▶ **WHAT TO DO**
Look below for the line containing "abbrev pub negated : ℕ → ℤ"; from there, print each line exactly up to and including the line containing "inr other ↦", and stop.

▶ **GIVEN ENTRIES**
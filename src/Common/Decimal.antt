-- ===== src/Common/Decimal.antt =====
-- Decimal numbers as text: `strconv.ParseInt(s, 10, 64)` and `strconv.FormatInt(n, 10)`.
use Prim.Native.Nat.{ℕ, zero, suc, ◌+◌, ◌-◌, ◌*◌, ◌/◌, ◌%◌, ◌^◌, ◌≤◌, ◌<◌}
use mathlib.Core.Path.{◌≡◌, refl, ap, ◌∙◌, sym, subst}
use mathlib.Core.Bool.{true, false, ◌&&◌}
use mathlib.Core.List.{[], ◌∷◌}
use mathlib.Core.Logic.{◌⊎◌, inl, inr}
use mathlib.Core.Option.{Option, none, some}
use native.Mathlib.Nat.{pow-suc}
use native.Mathlib.Omega.{arith}
use learning_redis.Common.Tests.{
  lt→ltb, ltb→lt, leb→le, Bool-cases, Bytes, ltb, leb, ◌==◌, if◌then◌else◌, ◌>>=◌,
}
use learning_redis.Common.Int.{ℤ, pos, negsuc, signed_word}

-- The digits of `n` in front of `acc`, by a number of steps.
unfoldable pub decimal : ℕ → ℕ → Bytes → Bytes
decimal zero n acc = acc
decimal (suc fuel) n acc =
    let more = decimal fuel (n / 10) ((48 + n % 10) ∷ acc) in
    if ltb n 10 then (48 + n) ∷ acc else more

-- A 64-bit number has at most 20 digits.
unfoldable pub format_nat : ℕ → Bytes
unfolding decimal
format_nat n = decimal 20 n []

unfoldable pub format_int : ℤ → Bytes
unfolding format_nat
format_int (pos n) = format_nat n
format_int (negsuc n) = b'-' ∷ format_nat (suc n)

-- `none` on a byte that is not a digit.
unfoldable pub read_digits : Bytes → ℕ → Option ℕ
read_digits [] n = some n
read_digits (c ∷ cs) n =
    let rest = read_digits cs (n * 10 + (c - 48)) in if leb 48 c && leb c 57 then rest else none

-- One digit at least.
unfoldable pub read_nat : Bytes → Option ℕ
unfolding read_digits
read_nat [] = none
read_nat (c ∷ cs) = read_digits (c ∷ cs) 0

abbrev pub positive : ℕ → Option ℤ
positive n = if ltb n (2 ^ 63) then some (pos n) else none

abbrev pub negated : ℕ → ℤ
negated zero = pos 0
negated (suc n) = negsuc n

abbrev pub negative : ℕ → Option ℤ
negative n = if leb n (2 ^ 63) then some (negated n) else none

-- A sign, then digits, within the range of int64.
unfoldable pub parse_int : Bytes → Option ℤ
unfolding read_nat
parse_int [] = none
parse_int (c ∷ cs) =
    if c == b'-'
    then (read_nat cs >>= negative)
    else if c == b'+'
    then (read_nat cs >>= positive)
    else (read_nat (c ∷ cs) >>= positive)

-- The range of int64.
abbrev pub InInt64 : ℤ → Type 0
InInt64 (pos n) = n < 2 ^ 63
InInt64 (negsuc n) = n < 2 ^ 63

pub signed_word-InInt64 : (n : ℕ) → InInt64 (signed_word n)
signed_word-InInt64 n = elim (Bool-cases (ltb n (2 ^ 63))) [
  | inl small ↦ rw small (ltb→lt n (2 ^ 63) small)
  | inr large ↦ let above : 2 ^ 63 ≤ n = ground (arith, large) in rw large (omega (arith, above))
]

positive-InInt64 : (o : Option ℕ) (n : ℤ) → (o >>= positive) ≡ some n → InInt64 n
positive-InInt64 none n h = ground (arith, h)
positive-InInt64 (some k) n h = elim (Bool-cases (ltb k (2 ^ 63))) [
  | inl small ↦
      let is : some (pos k) ≡ some n = simp small at h in
      let same : pos k ≡ n = ground (arith, is) in subst InInt64 same (ltb→lt k (2 ^ 63) small)
  | inr large ↦ let is : none ≡ some n = simp large at h in ground (arith, is)
]

negative-InInt64 : (o : Option ℕ) (n : ℤ) → (o >>= negative) ≡ some n → InInt64 n
negative-InInt64 none n h = ground (arith, h)
negative-InInt64 (some k) n h = elim (Bool-cases (leb k (2 ^ 63))) [
  | inl small ↦
      let is : some (negated k) ≡ some n = simp small at h in
      let same : negated k ≡ n = ground (arith, is) in
      subst InInt64 same (fits k (leb→le k (2 ^ 63) small))
  | inr large ↦ let is : none ≡ some n = simp large at h in ground (arith, is)
]
  where
    fits : (k : ℕ) → k ≤ 2 ^ 63 → InInt64 (negated k)
    fits zero le = omega arith
    fits (suc k) le = omega (arith, le)

-- What is read is a number of int64.
pub parse_int-InInt64 : (s : Bytes) (n : ℤ) → parse_int s ≡ some n → InInt64 n
unfolding parse_int
parse_int-InInt64 [] n h = ground (arith, h)
parse_int-InInt64 (c ∷ cs) n h = elim (Bool-cases (c == b'-')) [
  | inl minus ↦ negative-InInt64 (read_nat cs) n (simp minus at h)
  | inr other ↦ elim (Bool-cases (c == b'+')) [
    | inl plus ↦ positive-InInt64 (read_nat cs) n (simp (other, plus) at h)
    | inr digit ↦ positive-InInt64 (read_nat (c ∷ cs)) n (simp (other, digit) at h)
  ]
]

read_digits-decimal :
    (fuel n : ℕ) (acc : Bytes)
    → n < 10 ^ fuel
    → read_digits (decimal fuel n acc) 0 ≡ read_digits acc n
unfolding decimal read_digits
read_digits-decimal zero zero acc h = refl
read_digits-decimal zero (suc n) acc h = absurd (omega arith)
read_digits-decimal (suc fuel) n acc h =
    let rest =
      read_digits-decimal fuel (n / 10) ((48 + n % 10) ∷ acc) (omega (arith, pow-suc 10 fuel)) in
    let back : n / 10 * 10 + (48 + n % 10 - 48) ≡ n = omega arith in
    let same : 0 * 10 + (48 + n - 48) ≡ n = omega arith in ground (arith, rest, back, same)

-- A written number starts with a digit.
decimal-digit :
    (fuel n : ℕ) (acc : Bytes)
    → (c : ℕ) × (cs : Bytes) × (decimal (suc fuel) n acc ≡ c ∷ cs) × (48 ≤ c) × (c ≤ 57)
unfolding decimal
decimal-digit zero n acc = elim (small n) [
  | inl (e, lt) ↦ (48 + n, acc, rw e refl, omega arith, omega arith)
  | inr e ↦ (48 + n % 10, acc, rw e refl, omega arith, omega arith)
]
  where
    small : (n : ℕ) → ((ltb n 10 ≡ true) × (n < 10)) ⊎ (ltb n 10 ≡ false)
    small n = ground arith
decimal-digit (suc fuel) n acc = elim (small n) [
  | inl (e, lt) ↦ (48 + n, acc, rw e refl, omega arith, omega arith)
  | inr e ↦
      let (c, cs, run, lo, hi) = decimal-digit fuel (n / 10) ((48 + n % 10) ∷ acc) in
      (c, cs, rw e run, lo, hi)
]
  where
    small : (n : ℕ) → ((ltb n 10 ≡ true) × (n < 10)) ⊎ (ltb n 10 ≡ false)
    small n = ground arith

read_nat-format_nat : (n : ℕ) → n < 10 ^ 20 → read_nat (format_nat n) ≡ some n
unfolding format_nat read_nat read_digits
read_nat-format_nat n h =
    let (c, cs, run, lo, hi) = decimal-digit 19 n [] in
    rw run (ap (λ (t : Bytes). read_digits t 0) (sym run) ∙ read_digits-decimal 20 n [] h)

unsigned : (c : ℕ) (cs : Bytes) → 48 ≤ c → parse_int (c ∷ cs) ≡ (read_nat (c ∷ cs) >>= positive)
unfolding parse_int
unsigned c cs lo = ground arith

-- Every number of int64 is read back as it was written.
pub parse_int-format_int : (n : ℤ) → InInt64 n → parse_int (format_int n) ≡ some n
unfolding format_int format_nat
parse_int-format_int (pos n) h =
    let (c, cs, run, lo, hi) = decimal-digit 19 n [] in
    let back : read_nat (decimal 20 n []) ≡ some n = read_nat-format_nat n (omega arith) in
    ap parse_int run
    ∙ unsigned c cs lo
    ∙ ap (λ (t : Bytes). read_nat t >>= positive) (sym run)
    ∙ rw back (rw (lt→ltb n (2 ^ 63) h) refl)
parse_int-format_int (negsuc n) h =
    let back : read_nat (decimal 20 (suc n) []) ≡ some (suc n) =
      read_nat-format_nat (suc n) (omega arith) in
    let fits : leb (suc n) (2 ^ 63) ≡ true = ground arith in
    unfold parse_int in rw (back, fits) refl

▶ **SOLUTION FOR THIS TASK**
abbrev pub negated : ℕ → ℤ
negated zero = pos 0
negated (suc n) = negsuc n

abbrev pub negative : ℕ → Option ℤ
negative n = if leb n (2 ^ 63) then some (negated n) else none

-- A sign, then digits, within the range of int64.
unfoldable pub parse_int : Bytes → Option ℤ
unfolding read_nat
parse_int [] = none
parse_int (c ∷ cs) =
    if c == b'-'
    then (read_nat cs >>= negative)
    else if c == b'+'
    then (read_nat cs >>= positive)
    else (read_nat (c ∷ cs) >>= positive)

-- The range of int64.
abbrev pub InInt64 : ℤ → Type 0
InInt64 (pos n) = n < 2 ^ 63
InInt64 (negsuc n) = n < 2 ^ 63

pub signed_word-InInt64 : (n : ℕ) → InInt64 (signed_word n)
signed_word-InInt64 n = elim (Bool-cases (ltb n (2 ^ 63))) [
  | inl small ↦ rw small (ltb→lt n (2 ^ 63) small)
  | inr large ↦ let above : 2 ^ 63 ≤ n = ground (arith, large) in rw large (omega (arith, above))
]

positive-InInt64 : (o : Option ℕ) (n : ℤ) → (o >>= positive) ≡ some n → InInt64 n
positive-InInt64 none n h = ground (arith, h)
positive-InInt64 (some k) n h = elim (Bool-cases (ltb k (2 ^ 63))) [
  | inl small ↦
      let is : some (pos k) ≡ some n = simp small at h in
      let same : pos k ≡ n = ground (arith, is) in subst InInt64 same (ltb→lt k (2 ^ 63) small)
  | inr large ↦ let is : none ≡ some n = simp large at h in ground (arith, is)
]

negative-InInt64 : (o : Option ℕ) (n : ℤ) → (o >>= negative) ≡ some n → InInt64 n
negative-InInt64 none n h = ground (arith, h)
negative-InInt64 (some k) n h = elim (Bool-cases (leb k (2 ^ 63))) [
  | inl small ↦
      let is : some (negated k) ≡ some n = simp small at h in
      let same : negated k ≡ n = ground (arith, is) in
      subst InInt64 same (fits k (leb→le k (2 ^ 63) small))
  | inr large ↦ let is : none ≡ some n = simp large at h in ground (arith, is)
]
  where
    fits : (k : ℕ) → k ≤ 2 ^ 63 → InInt64 (negated k)
    fits zero le = omega arith
    fits (suc k) le = omega (arith, le)

-- What is read is a number of int64.
pub parse_int-InInt64 : (s : Bytes) (n : ℤ) → parse_int s ≡ some n → InInt64 n
unfolding parse_int
parse_int-InInt64 [] n h = ground (arith, h)
parse_int-InInt64 (c ∷ cs) n h = elim (Bool-cases (c == b'-')) [
  | inl minus ↦ negative-InInt64 (read_nat cs) n (simp minus at h)
  | inr other ↦ elim (Bool-cases (c == b'+')) [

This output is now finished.